I was twenty when my dad, Tom Brown, was diagnosed with prostate cancer. Like many men, my dad was a stubborn man who did not like to go to the doctor until things became too severe. He suffered from kidney stones, which meant pain and difficulty with urination was a norm. His prostate cancer went undetected until his doctor’s office suddenly could not find his records, prompting a complete physical. My dad’s prostate was so swollen, and he was in such bad shape, that the doctor stated if he had waited another week or two, he could have died. Surgery was instant and dad was sick on and off throughout the entire year. The original oncologist told my parents that all of the cancer had been removed, but failed to mention the need for radiation. My dad was able to get into another doctor for treatment, but could not start radiation and chemotherapy until his kidney stones were taken care of.
Throughout the years, Dad was in and out of remission, trying every treatment under the sun. Chemotherapy on several different occasions, radiation, spot radiation and even newer treatment methods that had shown some success.
As time went on, Dad’s cancer spread. First it started with his hip, but luckily with chemo-hormonal shots, it was maintained for a few years. With all the pain and exhaustion from the treatments, he did his best to stay positive. Our loved ones from social media may never have known how bad things truly were for him because he would ALWAYS smile for the camera! Times weren’t always so glamorous. Depression sank in and there were some dark times. I couldn’t even imagine everything that Dad was dealing with. I remember when my Dad wanted to end his treatments, but he continued to fight for his life, mainly for us, I’m sure.
It wasn’t until May of 2016 that we realized the treatments weren’t working anymore. The cancer began to spread again and this horrible disease was now in his ribs and lymph nodes. My dad was dying.
I will never forget taking a trip to visit friends out-of-state. My mom messaged me to say she was taking Dad back to the hospital because he was in so much pain. As much as I hated it for him, I wasn’t quite worried so much. Usually when this happened, they would do more scans to make sure the ‘terrible awful’ hadn’t spread more; the doctors would help manage his pain, and then they would send him home. Only this time, that wasn’t the plan. The cancer had spread to his liver and they now wanted to admit him to the hospital and then send him to hospice. Hospice! I was out-of-state visiting friends and I was being told they were sending MY DAD TO HOSPICE?!?! I rushed home that next morning.
Dad wasn’t quite ready. I remember telling him, “Just because they are sending you to hospice, doesn’t mean you are going there to die.” They said they would get his pain under control and then send him home for further hospice treatment. He knew it was his time. He had a talk with our pastor while still in the hospital, but our pastor didn’t share it with us until we were in hospice and knew his time on earth was coming to an end. Our pastor Doug shared their conversation. Dad told Doug to watch over my mom and make sure that she was okay. This was it. He was preparing to go HOME.
We had some really sweet, precious moments with Dad those final days as he was preparing to head to his Heavenly Home. We laughed as a family, and we cried as a family. His last night on earth, my brothers and I were holding his hands and talking to him, letting him know it was okay to go, and that we were going to be okay. Bob Marley’s Three Little Birds came on, and we sang that to him. He had not been able to talk to us for a couple of days by then, but I felt in my heart that Dad could hear us. As the next morning crept upon us, I watched my Dad take his last breath on earth. Prostate cancer had taken my Daddy away from me.

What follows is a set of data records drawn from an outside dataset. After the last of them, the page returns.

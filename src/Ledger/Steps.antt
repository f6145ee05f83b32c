-- ===== src/Ledger/Steps.antt =====
-- The ledger as a state machine: one step for each operation that returns, and what holds in every
-- ledger that the operations can reach.
use bagelquant_data.Prelude.{ℕ, ◌≡◌, Bool, Option, List, []}
use bagelquant_data.Ledger.Data.{RunStatus, Call, DatasetFlag, Ledger, ok}
use bagelquant_data.Ledger.Scopes.{
  Declared, synchronize_update_scopes, remove_obsolete_update_scopes, claim_update_scopes,
}
use bagelquant_data.Ledger.Outcomes.{
  Outcome, transition_update_scopes, EmptyResult, record_empty_scope_results, reset_update_scopes,
}
use bagelquant_data.Ledger.Leases.{
  RunTotals, finalize_run, record_api_calls, begin_run, LeaseRequest, acquire_update_leases,
  abandon_update_owner, refresh_update_lease, release_update_leases,
}

-- A call that raises leaves the tables alone, and is no step.
pub data Step : Ledger → Ledger → Type 0 where
  synchronize :
      (now : ℕ) (rows : List Declared) (l : Ledger) → Step l (synchronize_update_scopes now rows l)
  remove_obsolete :
      (src name hash : ℕ) (l : Ledger) → Step l (remove_obsolete_update_scopes src name hash l).0
  claim :
      (now : ℕ) (ids : List ℕ) (run : ℕ) (l : Ledger) → Step l (claim_update_scopes now ids run l).0
  settle :
      (now : ℕ) (os : List Outcome) (run committed : ℕ) {l l' : Ledger}
      → transition_update_scopes now os run committed l ≡ ok l'
      → Step l l'
  find_empty :
      (now : ℕ) (calls : List Call) (rs : List EmptyResult) (run : ℕ) (count : Option ℕ)
      {l l' : Ledger}
      → record_empty_scope_results now calls rs run count l ≡ ok l'
      → Step l l'
  reset :
      (now : ℕ) (ids : List ℕ) (clear : Bool) (l : Ledger)
      → Step l (reset_update_scopes now ids clear l).0
  begin :
      (now run src name : ℕ) (owner : Option ℕ) {l l' : Ledger}
      → begin_run now run src name owner l ≡ ok l'
      → Step l l'
  acquire :
      (now : ℕ) (qs : List LeaseRequest) (ttl : ℕ) (owner : Option ℕ) {l l' : Ledger}
      → acquire_update_leases now qs ttl owner l ≡ ok l'
      → Step l l'
  abandon : (now owner reason : ℕ) (l : Ledger) → Step l (abandon_update_owner now owner reason l)
  finish :
      (now run : ℕ) (status : RunStatus) (t : RunTotals) (l : Ledger)
      → Step l (finalize_run now run status t l)
  audit : (cs : List Call) (l : Ledger) → Step l (record_api_calls cs l)
  refresh : (now run ttl : ℕ) (l : Ledger) → Step l (refresh_update_lease now run ttl l)
  release : (runs : List ℕ) (l : Ledger) → Step l (release_update_leases runs l)

-- The ledgers that the operations reach from an empty database.
pub data Reachable : Ledger → Type 0 where
  empty :
      (datasets : List DatasetFlag)
      → Reachable (record {
        scopes = [];
        next_id = 1;
        checks = [];
        runs = [];
        leases = [];
        calls = [];
        datasets = datasets;
      })
  step : {l l' : Ledger} → Reachable l → Step l l' → Reachable l'
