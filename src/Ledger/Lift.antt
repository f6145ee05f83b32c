-- ===== src/Ledger/Lift.antt =====
-- A property of the scope rows that the updates of held rows keep is kept by every settlement and
-- every record of empty results.
use bagelquant_data.Prelude.{
  ℕ, ◌≡◌, true, inl, inr, Option, none, some, List, [], ◌∷◌, ◌++◌, map, ◌==◌, if◌then◌else◌, filter,
  any, length, Bool-cases,
}
use bagelquant_data.Ledger.Data.{
  is_complete, is_outcome, Scope, Check, Call, Ledger, value_error, Result, ok, err, ◌>>=◌,
  for_each, Holds, for_each-Holds, >>=-Holds,
}
use bagelquant_data.Ledger.Outcomes.{
  upsert_check, Outcome, held, settled, keep_check, transition, count_success, is_success,
  active_run, transition_update_scopes, EmptyResult, emptied, empty_check, record_empty,
  record_empty_through, count_empty, record_empty_scope_results, update_held, empty_results_valid,
}

-- `Q` is a property of the next id and the rows, and `run` the run that settles.
module _ (Q : ℕ → List Scope → Type 0) (run : ℕ)
    (settled_keeps : (now id n : ℕ) (o : Outcome) (ss : List Scope)
      → is_outcome o.status ≡ true
      → Q n ss
      → Q n (map (λ s. if held id run s then settled now run o s else s) ss))
    (emptied_keeps : (now id n : ℕ) (ss : List Scope)
      → Q n ss
      → Q n (map (λ s. if held id run s then emptied now s else s) ss)) where
  abbrev pub P : Ledger → Type 0
  P l = Q l.next_id l.scopes

  upsert_check-Keeps : (c : Check) (l : Ledger) → P l → P (upsert_check c l)
  unfolding upsert_check
  upsert_check-Keeps c l v = elim (Bool-cases (any (λ k. k.scope_id == c.scope_id) l.checks)) [
    | inl known ↦ rw (known, upsert_check) v
    | inr new ↦ rw (new, upsert_check) v
  ]

  keep_check-Keeps :
      (now : ℕ) (o : Outcome) (through : Option ℕ) (l : Ledger)
      → P l
      → P (keep_check now o through l)
  keep_check-Keeps now o none l v = v
  keep_check-Keeps now o (some t) l v = elim (Bool-cases (is_complete o.status)) [
    | inl complete ↦ rw (complete, keep_check) (upsert_check-Keeps _ l v)
    | inr other ↦ rw (other, keep_check) v
  ]

  transition-Keeps : (now : ℕ) (o : Outcome) (l : Ledger) → P l → Holds P (transition now run l o)
  unfolding transition
  transition-Keeps now o l v = elim (Bool-cases (is_outcome o.status)) [
    | inr unsupported ↦ rw (unsupported, transition) tt
    | inl outcome ↦ elim (Bool-cases (length (filter (held o.scope_id run) l.scopes) == 1)) [
      | inr unclaimed ↦ rw (outcome, unclaimed, transition) tt
      | inl claim ↦
          rw (outcome, claim, transition)
            (keep_check-Keeps now o o.provider_checked_through
              (update_held o.scope_id run (settled now run o) l)
              (settled_keeps now o.scope_id l.next_id o l.scopes outcome v))
    ]
  ]

  count_success-Keeps :
      (os : List Outcome) (committed : ℕ) (l : Ledger) → P l → P (count_success os run committed l)
  count_success-Keeps os committed l v = elim (Bool-cases (length (filter is_success os) == 0)) [
    | inl nothing ↦ rw (nothing, count_success) v
    | inr some_rows ↦ rw (some_rows, count_success) v
  ]

  pub settle-Keeps :
      (now : ℕ) (os : List Outcome) (committed : ℕ) (l : Ledger)
      → P l
      → Holds P (transition_update_scopes now os run committed l)
  unfolding transition_update_scopes
  settle-Keeps now os committed l v =
      >>=-Holds P P (for_each (transition now run) os l)
        (λ l'. ok (count_success os run committed l'))
        (for_each-Holds P (transition now run) (λ l o. transition-Keeps now o l) os l v)
        (count_success-Keeps os committed)

  record_empty_through-Keeps :
      (now : ℕ) (l : Ledger) (r : EmptyResult) (through : Option ℕ)
      → P l
      → Holds P (record_empty_through now run l r through)
  unfolding record_empty_through
  record_empty_through-Keeps now l r none v = tt
  record_empty_through-Keeps now l r (some t) v =
      elim (Bool-cases (length (filter (held r.scope_id run) l.scopes) == 1)) [
        | inr unclaimed ↦ rw (unclaimed, record_empty_through) tt
        | inl claim ↦
            rw (claim, record_empty_through) (after (upsert_check-Keeps (empty_check now r t) l v))
      ]
    where
      checked : Ledger
      checked = upsert_check (empty_check now r t) l

      after : P checked → P (update_held r.scope_id run (emptied now) checked)
      after = emptied_keeps now r.scope_id checked.next_id checked.scopes

  count_empty-Keeps : (requests n : ℕ) (l : Ledger) → P l → Holds P (count_empty requests n run l)
  count_empty-Keeps requests n l v =
      elim (Bool-cases (length (filter (active_run run) l.runs) == 1)) [
        | inl active ↦ rw (active, count_empty) v
        | inr other ↦ rw (other, count_empty) tt
      ]

  pub find_empty-Keeps :
      (now : ℕ) (calls : List Call) (rs : List EmptyResult) (given : Option ℕ) (l : Ledger)
      → P l
      → Holds P (record_empty_scope_results now calls rs run given l)
  unfolding record_empty_scope_results record_empty
  find_empty-Keeps now [] rs given l v = tt
  find_empty-Keeps now (c ∷ cs) rs given l v = counted (outcomes given)
    where
      audited : Ledger
      audited = record l { calls = l.calls ++ (c ∷ cs) }

      outcomes : Option ℕ → ℕ
      outcomes given = elim given [ none ↦ length rs | some g ↦ g ]

      counted :
          (n : ℕ)
          → Holds P (
              if n == 0
              then err value_error
              else (empty_results_valid run rs l >>= λ _.
                  for_each (record_empty now run) rs audited >>= λ l'.
                  count_empty (length (c ∷ cs)) n run l'))
      counted n = elim (Bool-cases (n == 0)) [
        | inl nothing ↦ rw nothing tt
        | inr given ↦ rw given (
            >>=-Holds (λ _. P audited) P (empty_results_valid run rs l) _
              (always (empty_results_valid run rs l))
              (λ _ va.
                >>=-Holds P P (for_each (record_empty now run) rs audited)
                  (count_empty (length (c ∷ cs)) n run)
                  (for_each-Holds P (record_empty now run)
                    (λ l r. record_empty_through-Keeps now l r r.checked_through) rs audited va)
                  (count_empty-Keeps (length (c ∷ cs)) n)))
      ]
        where
          always : (m : Result (Unit {0})) → Holds (λ _. P audited) m
          always (ok u) = v
          always (err e) = tt
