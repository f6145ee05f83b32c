-- ===== src/Ledger/Invariant.antt =====
-- Every operation of the ledger keeps its scopes well formed: ids are fresh and distinct, and a scope is
-- running exactly when a run holds it.
use bagelquant_data.Prelude.{
  ℕ, ◌+◌, ◌≡◌, refl, Bool, true, false, not, inl, inr, Option, List, [], ◌∷◌, map, arith, ◌==◌,
  if◌then◌else◌, filter, any, Bool-cases,
}
use bagelquant_data.Ledger.Data.{
  Status, is_running, is_outcome, Scope, Lease, Ledger, Result, ok, err, ◌>>=◌, for_each, Holds,
  of_Holds,
}
use bagelquant_data.Ledger.Scopes.{
  Declared, same_identity, outdated, delete_checks, fresh_scope, redeclare, declare,
  delete_outdated, declare_all, synchronize_update_scopes, obsolete, remove_obsolete_update_scopes,
  claim_update_scopes, claimable, claimed, contains,
}
use bagelquant_data.Ledger.Outcomes.{
  Outcome, held, settled, emptied, reset_scope, resettable, reset_update_scopes,
}
use bagelquant_data.Ledger.Leases.{
  finalize_run, record_api_calls, begin_run, LeaseRequest, conflicts, grant, acquire_update_leases,
  abandon_update_owner, abandoned, held_by_any, owner_runs, refresh_update_lease,
  release_update_leases,
}
use bagelquant_data.Ledger.Rows.{RowsValid, RowsValid-update, RowsValid-filter, RowsValid-insert}
use bagelquant_data.Ledger.Lift.{settle-Keeps, find_empty-Keeps}
use bagelquant_data.Ledger.Steps.{Step, Reachable}

abbrev pub IsValid : Ledger → Type 0
IsValid l = RowsValid l.next_id l.scopes

pub declare-IsValid : (now : ℕ) (d : Declared) (l : Ledger) → IsValid l → IsValid (declare now l d)
unfolding declare
declare-IsValid now d l v = elim (Bool-cases (any (same_identity d) l.scopes)) [
  | inl known ↦
      rw (known, declare)
        (RowsValid-update (same_identity d) (redeclare now d) (λ s. ground arith)
          (λ s o _. ground arith) l.scopes v)
  | inr new ↦
      rw (new, declare) (RowsValid-insert l.scopes (fresh_scope now l.next_id d) refl refl v)
]

declare_all-IsValid :
    (now : ℕ) (ds : List Declared) (l : Ledger) → IsValid l → IsValid (declare_all now ds l)
unfolding declare_all
declare_all-IsValid now [] l v = v
declare_all-IsValid now (d ∷ ds) l v =
    declare_all-IsValid now ds (declare now l d) (declare-IsValid now d l v)

pub delete_outdated-IsValid :
    (ds : List Declared) (l : Ledger) → IsValid l → IsValid (delete_outdated ds l)
unfolding delete_outdated
delete_outdated-IsValid [] l v = v
delete_outdated-IsValid (d ∷ ds) l v = delete_outdated-IsValid ds (delete_checks (outdated d) l) v

pub outcome_not_running : (s : Status) → is_outcome s ≡ true → is_running s ≡ false
outcome_not_running Status.running h = cc
outcome_not_running _ h = refl

pub settled-RowsValid :
    (run now id n : ℕ) (o : Outcome) (ss : List Scope)
    → is_outcome o.status ≡ true
    → RowsValid n ss
    → RowsValid n (map (λ s. if held id run s then settled now run o s else s) ss)
settled-RowsValid run now id n o ss outcome =
    RowsValid-update (held id run) (settled now run o) (λ s. refl)
      (λ s _ _. outcome_not_running o.status outcome) ss

pub emptied-RowsValid :
    (run now id n : ℕ) (ss : List Scope)
    → RowsValid n ss
    → RowsValid n (map (λ s. if held id run s then emptied now s else s) ss)
emptied-RowsValid run now id n ss =
    RowsValid-update (held id run) (emptied now) (λ s. refl) (λ s _ _. refl) ss

reset-IsValid :
    (now : ℕ) (ids : List ℕ) (clear : Bool) (l : Ledger)
    → IsValid l
    → IsValid (reset_update_scopes now ids clear l).0
unfolding reset_update_scopes
reset-IsValid now ids true l v =
    RowsValid-update (resettable ids) (reset_scope now true) (λ s. refl) (λ s _ _. refl) l.scopes v
reset-IsValid now ids false l v =
    RowsValid-update (resettable ids) (reset_scope now false) (λ s. refl) (λ s _ _. refl) l.scopes v

begin-IsValid :
    (now run src name : ℕ) (owner : Option ℕ) (l : Ledger)
    → IsValid l
    → Holds IsValid (begin_run now run src name owner l)
unfolding begin_run
begin-IsValid now run src name owner l v = elim (Bool-cases (any (λ r. r.run_id == run) l.runs)) [
  | inl known ↦ rw (known, begin_run) tt
  | inr new ↦ rw (new, begin_run) v
]

acquire-IsValid :
    (now : ℕ) (qs : List LeaseRequest) (ttl : ℕ) (owner : Option ℕ) (l : Ledger)
    → IsValid l
    → Holds IsValid (acquire_update_leases now qs ttl owner l)
unfolding acquire_update_leases
acquire-IsValid now qs ttl owner l v =
    elim (Bool-cases (any (λ q. any (conflicts q) l.leases) qs)) [
      | inl taken ↦ rw (taken, acquire_update_leases) tt
      | inr free ↦
          rw (free, acquire_update_leases)
            (always (for_each (grant now (now + ttl) owner) qs l.leases))
    ]
  where
    always : (m : Result (List Lease)) → Holds IsValid (m >>= λ es. ok (record l { leases = es }))
    always (ok es) = v
    always (err e) = tt

pub Step-IsValid : {l l' : Ledger} → Step l l' → IsValid l → IsValid l'
unfolding synchronize_update_scopes remove_obsolete_update_scopes claim_update_scopes
    abandon_update_owner refresh_update_lease release_update_leases finalize_run record_api_calls
Step-IsValid (Step.synchronize now rows l) v =
    declare_all-IsValid now rows (delete_outdated rows l) (delete_outdated-IsValid rows l v)
Step-IsValid (Step.remove_obsolete src name hash l) v =
    RowsValid-filter (λ s. not (obsolete src name hash s)) l.scopes v
Step-IsValid (Step.claim now ids run l) v =
    RowsValid-update (λ s. contains (map (λ s. s.id) (filter (claimable ids) l.scopes)) s.id)
      (claimed now run) (λ s. refl) (λ s _ _. refl) l.scopes v
Step-IsValid (Step.settle now os run committed {l = l} e) v = of_Holds IsValid e (
    settle-Keeps RowsValid run (settled-RowsValid run) (emptied-RowsValid run) now os committed l v)
Step-IsValid (Step.find_empty now calls rs run given {l = l} e) v = of_Holds IsValid e (
    find_empty-Keeps RowsValid run (settled-RowsValid run) (emptied-RowsValid run) now calls rs
      given l v)
Step-IsValid (Step.reset now ids clear l) v = reset-IsValid now ids clear l v
Step-IsValid (Step.begin now run src name owner {l = l} e) v =
    of_Holds IsValid e (begin-IsValid now run src name owner l v)
Step-IsValid (Step.acquire now qs ttl owner {l = l} e) v =
    of_Holds IsValid e (acquire-IsValid now qs ttl owner l v)
Step-IsValid (Step.abandon now owner reason l) v =
    RowsValid-update (held_by_any (owner_runs owner l)) (abandoned now reason) (λ s. refl)
      (λ s _ _. refl) l.scopes v
Step-IsValid (Step.finish now run status t l) v = v
Step-IsValid (Step.audit cs l) v = v
Step-IsValid (Step.refresh now run ttl l) v = v
Step-IsValid (Step.release runs l) v = v

-- In every ledger that the operations reach from an empty database, scope ids are distinct and below
-- the next id, and a scope is running exactly when a run holds it.
pub Reachable-IsValid : {l : Ledger} → Reachable l → IsValid l
Reachable-IsValid (Reachable.empty datasets) = record { owned = tt; issued = tt; distinct = tt }
Reachable-IsValid (Reachable.step r s) = Step-IsValid s (Reachable-IsValid r)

Over the last several years, my brothers and I have worked to raise money and awareness of prostate cancer. For my birthday last month, in honor of my Dad, I set a goal of $500 to be donated to ZERO through my Facebook Fundraiser. I doubted I would reach the goal, because even though I have a ton of friends, many of us are very guilty of scrolling right past those campaigns.
You can imagine my surprise when my goal was not only met, but surpassed! Every donation made me tear up, as I knew each gift was for such a great cause – to help and save many men.
There was a quote in a ZERO email I received the other day that said, “We’re doing this for our fathers, our grandfathers, our uncles, our spouses, our ex-spouses, for all men. And we’re bringing everyone together.” What a wonderful thing! It makes my heart so happy to be a part of this mission, this battle to end prostate cancer. I’m am doing this especially for My Father!